Could you write out the lines below exactly, beginning with the first and finishing with the one that contains "edge_ids (e ∷"?

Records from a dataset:
- Opening Delimiter -

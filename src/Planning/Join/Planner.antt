-- ===== src/Planning/Join/Planner.antt =====
-- `JoinPlanner.plan`. Of the view and the intent (planning/validation.py, ai/models.py) the fields
-- that the planner reads; the sets are lists without repetition. The texts of the reasons are data.
use Prim.Native.String.{◌++◌ as str_append}
use nl2data_core.Common.{
  ℕ, ◌+◌, Bool, ◌&&◌, not, Option, none, some, List, [], ◌∷◌, ◌++◌, String, Result, ok, err, ◌>>=◌,
  if◌then◌else◌, contains, length, str_eq, is_nonempty, add_to_set, set_of, ◌==◌,
}
use nl2data_core.Common.Text.{is_identifier}
use nl2data_core.Common.Sort.{str_leb, sorted}
use nl2data_core.Planning.Join.Graph.{
  RelationshipEdge, RelationshipGraph, JoinStep, PlannerError, invalid_plan, make_step, Hop,
  Adjacency, build_adjacency,
}
use nl2data_core.Planning.Join.Search.{PathResult, unreachable, ambiguous, found, shortest_path}

pub record AuthorizedView : Type 0 where
  pub source_id : String
  pub root_entity_ids : List String
  pub allowed_relationships : List String

pub record MultiEntityIntent : Type 0 where
  pub intent_id : String
  pub source_id : String
  pub entity_ids : List String

pub record LogicalJoinPlan : Type 0 where
  pub plan_id : String
  pub source_id : String
  pub root_entity_id : String
  pub steps : List JoinStep

pub data Reason : Type 0 where
  intent_source graph_source : Reason
  outside_entity outside_relationship : String → Reason

-- `JoinPlannerOutcome`, by its kind.
pub data JoinPlannerOutcome : Type 0 where
  planned : LogicalJoinPlan → JoinPlannerOutcome
  not_found : String → JoinPlannerOutcome
  ambiguous_path : String → JoinPlannerOutcome
  unauthorized : Reason → JoinPlannerOutcome

unfoldable pub edge_ids : List RelationshipEdge → List String
edge_ids [] = []
edge_ids (e ∷ edges) = e.edge_id ∷ edge_ids edges

-- `RelationshipGraph._unique_edge_ids` returns.
unfoldable pub graph_ok : RelationshipGraph → Bool
unfolding edge_ids
graph_ok graph = length (edge_ids graph.edges) == length (set_of (edge_ids graph.edges) [])

-- `s - {x}`
unfoldable pub remove : String → List String → List String
remove x [] = []
remove x (y ∷ ys) = if str_eq x y then remove x ys else y ∷ remove x ys

-- `min` of a set with at least `x` in it.
unfoldable pub minimum : String → List String → String
minimum x [] = x
minimum x (y ∷ ys) = minimum (if str_leb x y then x else y) ys

-- The fields of `LogicalJoinPlan` are identifiers.
unfoldable pub plan_ids_ok : MultiEntityIntent → String → Bool
plan_ids_ok intent root =
    is_identifier (str_append "plan-" intent.intent_id)
    && is_identifier intent.source_id
    && is_identifier root

unfoldable pub make_plan :
    MultiEntityIntent → String → List JoinStep → Result PlannerError JoinPlannerOutcome
make_plan intent root steps =
    if plan_ids_ok intent root
    then ok (
        planned (record {
          plan_id = str_append "plan-" intent.intent_id;
          source_id = intent.source_id;
          root_entity_id = root;
          steps = steps;
        }))
    else err invalid_plan

-- `steps`, `visited_entities` and `used_edge_ids`.
pub record Progress : Type 0 where
  pub steps : List JoinStep
  pub visited : List String
  pub used : List String

-- One turn of the loop over a path.
unfoldable pub take_hop : Hop → Progress → Result PlannerError Progress
take_hop hop p =
    if contains hop.edge.edge_id p.used
    then ok p
    else (make_step hop.edge hop.direction >>= λ step. ok (record {
      steps = p.steps ++ step ∷ [];
      visited = add_to_set hop.edge.right_entity_id (add_to_set hop.edge.left_entity_id p.visited);
      used = add_to_set hop.edge.edge_id p.used;
    }))

unfoldable pub take_hops : List Hop → Progress → Result PlannerError Progress
take_hops [] p = ok p
take_hops (hop ∷ hops) p = take_hop hop p >>= take_hops hops

-- The loop over the targets: where it ends without an early return, the progress made.
pub data Connected : Type 0 where
  through : Progress → Connected
  stopped : JoinPlannerOutcome → Connected

-- What is done with the result of `_shortest_path` for one target.
unfoldable pub follow : String → Progress → PathResult → Result PlannerError Connected
follow target p unreachable = ok (stopped (not_found target))
follow target p ambiguous = ok (stopped (ambiguous_path target))
follow target p (found path) = take_hops path p >>= λ q. ok (through q)

-- An early return ends the loop over the targets.
abbrev pub resume :
    (Progress → Result PlannerError Connected) → Connected → Result PlannerError Connected
resume next (stopped o) = ok (stopped o)
resume next (through q) = next q

unfoldable pub connect : ℕ → Adjacency → List String → Progress → Result PlannerError Connected
connect endpoints adjacency [] p = ok (through p)
connect endpoints adjacency (target ∷ targets) p =
    if contains target p.visited
    then connect endpoints adjacency targets p
    else (shortest_path endpoints adjacency p.visited target
        >>= follow target p
        >>= resume (connect endpoints adjacency targets))

unfoldable pub finish :
    MultiEntityIntent → String → Connected → Result PlannerError JoinPlannerOutcome
unfolding make_plan
finish intent root (stopped o) = ok o
finish intent root (through p) = make_plan intent root p.steps

-- The loop over the required entities; a view without root entities allows all of them.
unfoldable pub check_entities : AuthorizedView → List String → Option Reason
check_entities view [] = none
check_entities view (x ∷ xs) =
    if is_nonempty view.root_entity_ids && not (contains x view.root_entity_ids)
    then some (outside_entity x)
    else check_entities view xs

-- The loop over all edges of the graph.
unfoldable pub check_relationships : AuthorizedView → List RelationshipEdge → Option Reason
check_relationships view [] = none
check_relationships view (e ∷ edges) =
    if not (contains e.relationship_id view.allowed_relationships)
    then some (outside_relationship e.relationship_id)
    else check_relationships view edges

-- Both loops, in their order.
unfoldable pub check_authorized :
    AuthorizedView → List String → List RelationshipEdge → Option Reason
check_authorized view required edges = elim (check_entities view (sorted required)) [
  | none ↦ check_relationships view edges
  | some reason ↦ some reason
]

-- Joining two or more required entities, once they are authorized.
unfoldable pub connect_all :
    List RelationshipEdge
    → MultiEntityIntent
    → List String
    → String
    → Result PlannerError JoinPlannerOutcome
connect_all edges intent required root =
    connect (length edges + length edges) (build_adjacency edges) (sorted (remove root required))
      (record { steps = []; visited = root ∷ []; used = [] })
    >>= finish intent root

-- The part of `plan` behind the checks of the sources, on the set of required entities. The first
-- two clauses are `_empty_plan`.
unfoldable pub plan_required :
    RelationshipGraph
    → AuthorizedView
    → MultiEntityIntent
    → List String
    → Result PlannerError JoinPlannerOutcome
unfolding make_plan check_entities check_relationships check_authorized
plan_required graph view intent [] = make_plan intent "" []
plan_required graph view intent (x ∷ []) = make_plan intent x []
plan_required graph view intent (x ∷ y ∷ others) =
    elim (check_authorized view (x ∷ y ∷ others) graph.edges) [
      | some reason ↦ ok (unauthorized reason)
      | none ↦ connect_all graph.edges intent (x ∷ y ∷ others) (minimum x (y ∷ others))
    ]

unfoldable pub plan :
    RelationshipGraph → AuthorizedView → MultiEntityIntent → Result PlannerError JoinPlannerOutcome
plan graph view intent =
    if not (str_eq intent.source_id view.source_id)
    then ok (unauthorized intent_source)
    else if not (str_eq graph.source_id view.source_id)
    then ok (unauthorized graph_source)
    else plan_required graph view intent (set_of intent.entity_ids [])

- Closing Delimiter -

◆ Expected answer
filename src/Planning/Join/Planner.antt
-- ===== src/Planning/Join/Planner.antt =====
-- `JoinPlanner.plan`. Of the view and the intent (planning/validation.py, ai/models.py) the fields
-- that the planner reads; the sets are lists without repetition. The texts of the reasons are data.
use Prim.Native.String.{◌++◌ as str_append}
use nl2data_core.Common.{
  ℕ, ◌+◌, Bool, ◌&&◌, not, Option, none, some, List, [], ◌∷◌, ◌++◌, String, Result, ok, err, ◌>>=◌,
  if◌then◌else◌, contains, length, str_eq, is_nonempty, add_to_set, set_of, ◌==◌,
}
use nl2data_core.Common.Text.{is_identifier}
use nl2data_core.Common.Sort.{str_leb, sorted}
use nl2data_core.Planning.Join.Graph.{
  RelationshipEdge, RelationshipGraph, JoinStep, PlannerError, invalid_plan, make_step, Hop,
  Adjacency, build_adjacency,
}
use nl2data_core.Planning.Join.Search.{PathResult, unreachable, ambiguous, found, shortest_path}

pub record AuthorizedView : Type 0 where
  pub source_id : String
  pub root_entity_ids : List String
  pub allowed_relationships : List String

pub record MultiEntityIntent : Type 0 where
  pub intent_id : String
  pub source_id : String
  pub entity_ids : List String

pub record LogicalJoinPlan : Type 0 where
  pub plan_id : String
  pub source_id : String
  pub root_entity_id : String
  pub steps : List JoinStep

pub data Reason : Type 0 where
  intent_source graph_source : Reason
  outside_entity outside_relationship : String → Reason

-- `JoinPlannerOutcome`, by its kind.
pub data JoinPlannerOutcome : Type 0 where
  planned : LogicalJoinPlan → JoinPlannerOutcome
  not_found : String → JoinPlannerOutcome
  ambiguous_path : String → JoinPlannerOutcome
  unauthorized : Reason → JoinPlannerOutcome

unfoldable pub edge_ids : List RelationshipEdge → List String
edge_ids [] = []
edge_ids (e ∷ edges) = e.edge_id ∷ edge_ids edges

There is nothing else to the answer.